Monday, December 26, 2011

25 BC-50 AD: Celcus spearheads quest to define asthma

So what would life be like for us asthmatics when Jesus and Caesar walked the earth?  From my investigations into this era I'd imagine the best remedy might simply be to tough it out, as many of the recommended remedies seem like they'd be worse than the disease.  Of course this was true of most medicine prior to the 20th century.

Aurelius Cornelius Celsus
The second century A.D. was a very "fruitful era of literature and philosophy."  (1)  It is for this reason we have resources available to help us learn what was known about asthma at that time and the remedies to treat it.  Among those influential to medicine in this era are Pliney the Elder, Seneca the Younger and Aurelius Cornelius Celsus.

Pliney and Seneca are written about in another post.  Celsus, who was born of respectable parents, was well learned, and shared with us his wisdom through his many writings.  He was a philosopher, physician, surgeon and a pharmacist.  One author noted him to be so skilled at his crafts that he was "second to none." (2)

His writings are also known to be "diligent" and "attentive," yet many future biographers and historians have debated as to whether he really practiced what he preached.  Some speculate that he never was a surgeon, let alone a physician.  (3)

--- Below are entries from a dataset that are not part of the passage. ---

-- ===== src/Accounts/Rows/Again.antt =====
-- A user is read again from the row that was written.
use venue_backend.Common.{
  String, ◌==◌, ◌≡◌, refl, Bool, true, false, Option, none, some, arith, if◌then◌else◌,
}
use venue_backend.Shared.Text.{size, is_blank}
use venue_backend.Shared.Phone.{BrazilianPhone}
use venue_backend.Bookings.{Role, admin, owner, customer}
use venue_backend.Accounts.User.{User}
use venue_backend.Accounts.Rows.{
  role_value, role_at, phone_number_of, phone_of, slug_of, to_user_row, of_user_row,
}

role_at-role_value : (r : Role) → role_at (role_value r) ≡ some r
role_at-role_value admin = refl
role_at-role_value owner = refl
role_at-role_value customer = refl

-- A telephone number as `BrazilianPhone.create` makes it: 14 characters where it is mobile, else 13.
abbrev pub IsStoredPhone : Option BrazilianPhone → Type 0
IsStoredPhone none = Unit
IsStoredPhone (some p) = size p.content ≡ (if p.is_mobile then 14 else 13)

abbrev pub IsStoredSlug : Option String → Type 0
IsStoredSlug none = Unit
IsStoredSlug (some s) = is_blank s ≡ false

sized :
    (s : String) (mobile : Bool)
    → size s ≡ (if mobile then 14 else 13)
    → (is_blank s ≡ false) × ((size s == 14) ≡ mobile)
sized String.[] true h = absurd (omega (arith, h))
sized String.[] false h = absurd (omega (arith, h))
sized (String.◌∷◌ c s) true h = (refl, ground arith)
sized (String.◌∷◌ c s) false h = (refl, ground arith)

phone_of-phone_number_of :
    (p : Option BrazilianPhone) → IsStoredPhone p → phone_of (phone_number_of p) ≡ p
phone_of-phone_number_of none h = refl
phone_of-phone_number_of (some p) h =
    let (full, mobile) = sized p.content p.is_mobile h in rw (full, mobile) refl

slug_of_stored : (s : Option String) → IsStoredSlug s → slug_of s ≡ s
slug_of_stored none h = refl
slug_of_stored (some s) h = rw h refl

-- A user whose telephone number has the length that `BrazilianPhone.create` gives it, and whose public
-- slug is not empty, is the same user when it is read from its row.
pub of_user_row-to_user_row :
    (u : User)
    → IsStoredPhone u.phone
    → IsStoredSlug u.public_slug
    → of_user_row (to_user_row u) ≡ some u
unfolding of_user_row to_user_row
of_user_row-to_user_row u phone slug =
    rw
      (
        role_at-role_value u.role,
        phone_of-phone_number_of u.phone phone,
        slug_of_stored u.public_slug slug,
      )
      refl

Perhaps it was due to this that he was "ignored by Roman practitioners of his day, and his name is mentioned only four times by the medieval commentators, but with the revival of learning (at the closing of the middle ages), he has his revenge. In that his work (De Re Medicina) was one of the first medical books to be printed (1478), afterword, passing through more separate editions than almost any other scientific treaties." (7, page 74)

Celsus was born in Greece in 25 B.C.  He was a stoic, which meant he did not believe in an after life.  As an arch opponent of Christianity he wrote "The True Word," which was a well read attack on Christianity, a new philosophy in that era.

He wrote several other books as well, such as "A Treaties on Agriculture" and "A Treaties on Military Tactics."  Yet what history most remembers him for is his "Treaties on Medicine."  It is thanks to this work that we gain our first look at asthma during the time of Jesus.

As a medical writer Celsus emulated Hippocrates, and parts of his books are word per word transcriptions from the "Hippocratic Corpus."  In fact, Celsus did this so often that one later author, Nicholas Mondaris, referred to him as the "Ape of Hippocrates." (4)

Treaties on Medicine
Yet he incorporated into his book the latest wisdom of his day, plus some of his own ideas.  This is clearly evident in his writings on asthma.

When asthma was first defined by Hippocrates in 400 B.C., it was often difficult to distinguish between the causes of dyspnea, and therefore they were grouped under the umbrella term asthma. Thus, all that caused dyspnea were referred to as asthma.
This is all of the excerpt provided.